Leslie Marmon Silko (Native American poet & novelist)

There is a place in business for storytelling. Executives use them to open meetings. Entry-level employees are often asked to relate an experience or two they’ve had that they could draw on to find success in a new position. So don’t be afraid to start an email with a story.

Just make it quick, make it relevant, and make it compelling. Use it to capture a reader’s attention and give him a reason to keep reading.

 

"What isn’t said is as important as what is said. In many classic short stories, the real action occurs in the silences. Try to keep all the good stuff off the page."

Colson Whitehead (novelist, poet, essayist)

Don’t overwrite. Write enough to get someone interested, and then get out. If you give your reader everything she needs to make a decision right then and there without ever talking to you, it’s very easy for her to decide on “no" or not now, which is as bad as no. Tease her by letting her know that she’ll miss something really juicy if she doesn’t call. But then make sure whatever you’re holding back as juicy really is.

 

" 'Very' is the most useless word in the English language and can always come out. More than useless, it is treacherous because it invariably weakens what it is intended to strengthen. For example, would you rather hear the mincing shallowness of 'I love you very much' or the heart-slamming intensity of 'I love you'?"

Florence King (novelist, essayist, and columnist)

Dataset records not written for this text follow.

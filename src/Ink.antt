-- ===== src/Ink.antt =====
-- ink.service.ts.
pub mod Levels
pub mod Pays
pub mod Replay
pub mod Mirror
pub mod Minting
use arktion_sui_overflow.Prelude.{
  ℕ, suc, ◌+◌, Option, none, some, List, [], ◌∷◌, if◌then◌else◌, leb, is_some, find, update_where,
  put, ok, err, ◌>>=◌, ◌>>◌, throw, gets, count, select, ◌==◌,
}
use arktion_sui_overflow.Sui.{Key, key_eq, earn_call}
use arktion_sui_overflow.World.{
  World, Db, Service, write, transaction, InkLedgerEntry, InkBalance, Passport, record_not_found,
  execution_failed, ink_already_minted,
}
use arktion_sui_overflow.Gas.{execute_as_admin, Receipt}
use arktion_sui_overflow.Pagination.{page_of}

pub data InkTrigger : Type 0 where
  chapter_read series_complete submission_approved : InkTrigger

-- The numbers of `InkTrigger`, which are the trigger types of the contract.
abbrev pub trigger_code : InkTrigger → ℕ
trigger_code chapter_read = 0
trigger_code series_complete = 1
trigger_code submission_approved = 2

unfoldable pub ink_amounts : InkTrigger → ℕ
ink_amounts chapter_read = 10
ink_amounts series_complete = 100
ink_amounts submission_approved = 50

abbrev pub level_thresholds : List ℕ
level_thresholds = 0 ∷ 500 ∷ 2000 ∷ 6000 ∷ 15000 ∷ 40000 ∷ []

-- The loop of `calculateLevel` over the thresholds that are left, at `i = level`.
unfoldable pub climb : ℕ → ℕ → List ℕ → ℕ
climb ink level [] = level
climb ink level (t ∷ ts) = let rest = climb ink (suc level) ts in if leb t ink then rest else level

unfoldable pub calculate_level : ℕ → ℕ
unfolding climb
calculate_level ink = elim level_thresholds [ [] ↦ 1 | first ∷ others ↦ climb ink 1 others ]

pub record EarnParams : Type 0 where
  pub user_id : ℕ
  pub wallet_address : ℕ
  pub trigger_type : InkTrigger
  pub idempotency_key : Key

pub record MintEarningResult : Type 0 where
  pub tx_digest : ℕ
  pub amount : ℕ
  pub new_balance : ℕ
  pub new_level : ℕ

abbrev pub find_entry : Key → List InkLedgerEntry → Option InkLedgerEntry
find_entry key = find (λ e. key_eq e.idempotency_key key)

-- `row?.balance ?? 0n`
abbrev pub balance_or : ℕ → Option InkBalance → ℕ
balance_or d none = d
balance_or d (some b) = b.balance

-- `passport?.totalInkEarned ?? 0n`
abbrev pub ink_earned_or_0 : Option Passport → ℕ
ink_earned_or_0 none = 0
ink_earned_or_0 (some p) = p.total_ink_earned

-- `inkLedgerEntry.upsert`
unfoldable pub upsert_entry : InkLedgerEntry → List InkLedgerEntry → List InkLedgerEntry
upsert_entry e ledger =
    if is_some (find_entry e.idempotency_key ledger)
    then update_where (λ x. key_eq x.idempotency_key e.idempotency_key)
        (λ x. record x { sui_tx_digest = e.sui_tx_digest }) ledger
    else e ∷ ledger

-- `inkBalance.upsert` with an increment
unfoldable pub upsert_balance : ℕ → ℕ → ℕ → (ℕ → Option InkBalance) → ℕ → Option InkBalance
upsert_balance user amount now t =
    put user (record { balance = balance_or 0 (t user) + amount; last_updated_at = now }) t

-- `passport.update` with an increment of `totalInkEarned`; none where there is no row.
unfoldable pub add_ink_earned : ℕ → ℕ → Db → Option Db
add_ink_earned user amount d = elim (d.passports user) [
  | none ↦ none
  | some p ↦ some (record d {
    passports = put user (record p { total_ink_earned = p.total_ink_earned + amount }) d.passports;
  })
]

-- The three writes that follow a mint.
unfoldable pub record_earning : InkLedgerEntry → ℕ → Service (Unit {0})
unfolding upsert_entry upsert_balance add_ink_earned
record_earning e now = do
  write (λ d. record d { ink_ledger = upsert_entry e d.ink_ledger })
  write (λ d. record d { ink_balances = upsert_balance e.user_id e.amount now d.ink_balances })
  d ← gets (λ w. add_ink_earned e.user_id e.amount w.db)
  elim d [ none ↦ throw record_not_found | some d' ↦ write (λ _. d') ]

-- The result of an earning that was recorded before.
unfoldable pub recorded_result : EarnParams → ℕ → ℕ → World → MintEarningResult
recorded_result p digest amount w = record {
  tx_digest = digest;
  amount = amount;
  new_balance = balance_or 0 (w.db.ink_balances p.user_id);
  new_level = calculate_level (ink_earned_or_0 (w.db.passports p.user_id));
}

-- The `catch` round `executeAsAdmin`.
unfoldable pub send_earning : EarnParams → Service Receipt
send_earning p w =
    let (r, w') =
      execute_as_admin
        (earn_call p.wallet_address (trigger_code p.trigger_type) p.idempotency_key ∷ []) w in
    elim r [
      | ok receipt ↦ (ok receipt, w')
      | err (execution_failed a) ↦ (
        err (if w'.env.names_duplicate_key a then ink_already_minted else execution_failed a),
        w',
      )
      | err e ↦ (err e, w')
    ]

-- The row that is written for a mint.
abbrev pub earning_entry : EarnParams → ℕ → ℕ → InkLedgerEntry
earning_entry p digest now = record {
  user_id = p.user_id;
  action_type = trigger_code p.trigger_type;
  amount = ink_amounts p.trigger_type;
  idempotency_key = p.idempotency_key;
  sui_tx_digest = some digest;
  created_at = now;
}

-- The result of a mint, read back from the tables.
unfoldable pub minted_result : EarnParams → ℕ → World → MintEarningResult
minted_result p digest w = record {
  tx_digest = digest;
  amount = ink_amounts p.trigger_type;
  new_balance = balance_or (ink_amounts p.trigger_type) (w.db.ink_balances p.user_id);
  new_level = calculate_level (ink_earned_or_0 (w.db.passports p.user_id));
}

-- What follows a call to the chain that returned.
unfoldable pub record_mint : EarnParams → ℕ → Receipt → Service MintEarningResult
record_mint p now receipt = do
  transaction (record_earning (earning_entry p receipt.digest now) now)
  gets (minted_result p receipt.digest)

-- `mintEarning` past its first look-up.
unfoldable pub mint_new : EarnParams → ℕ → Service MintEarningResult
mint_new p now = do receipt ← send_earning p; record_mint p now receipt

-- The recorded digest and amount, if `existing?.suiTxDigest`.
abbrev pub recorded : Option InkLedgerEntry → Option (ℕ × ℕ)
recorded none = none
recorded (some e) = elim e.sui_tx_digest [ none ↦ none | some digest ↦ some (digest, e.amount) ]

unfoldable pub mint_earning : EarnParams → ℕ → Service MintEarningResult
mint_earning p now w = elim (recorded (find_entry p.idempotency_key w.db.ink_ledger)) [
  | some (digest, amount) ↦ (ok (recorded_result p digest amount w), w)
  | none ↦ mint_new p now w
]

pub record InkBalanceDto : Type 0 where
  pub balance : ℕ
  pub level : ℕ
  pub total_ink_earned : ℕ

unfoldable pub get_balance : ℕ → World → InkBalanceDto
get_balance user w = record {
  balance = balance_or 0 (w.db.ink_balances user);
  level = elim (w.db.passports user) [ none ↦ 1 | some p ↦ p.level ];
  total_ink_earned = ink_earned_or_0 (w.db.passports user);
}

pub record InkLedgerPage : Type 0 where
  pub entries : List InkLedgerEntry
  pub total : ℕ
  pub page : ℕ
  pub limit : ℕ

-- `getLedger`; the rows come newest first.
unfoldable pub get_ledger : ℕ → ℕ → ℕ → World → InkLedgerPage
get_ledger user page limit w = record {
  entries = page_of page limit (select (λ e. e.user_id == user) w.db.ink_ledger);
  total = count (λ e. e.user_id == user) w.db.ink_ledger;
  page = page;
  limit = limit;
}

Some words are just overused. You can distinguish yourself and your product or company by not using them. Stay away from words like very and amazing and incredible and…the list goes on. Spend a few minutes making a compelling argument instead of lazily telling your reader that your offer is amazing and expecting him to believe you.

 

"Write every day. Don't ever stop. If you are unpublished, enjoy the act of writing—and if you are published, keep enjoying the act of writing. Don't become self-satisfied, don't stop moving ahead, growing, making it new. The stakes are high. Why else would we write?"

Rick Bass (novelist, short stories, essayist)

Communication only works when it is ongoing. Have you ever let a client relationship slip only to try and pick it back up three months later? What does that email or phone call feel like? It’s awkward. You have time that you have to account for. The very act of getting in touch is an acknowledgement that you haven’t been in touch for some time. It’s best to always be finding a reason – a good reason – to be in touch with your clients. Doing this will make you much better at it than the competition.

 

"In my own experience, nothing is harder for the developing writer than overcoming his anxiety that he is fooling himself and cheating or embarrassing his family and friends. To most people, even those who don’t read much, there is something special and vaguely magical about writing, and it is not easy for them to believe that someone they know—someone quite ordinary in many respects—can really do it."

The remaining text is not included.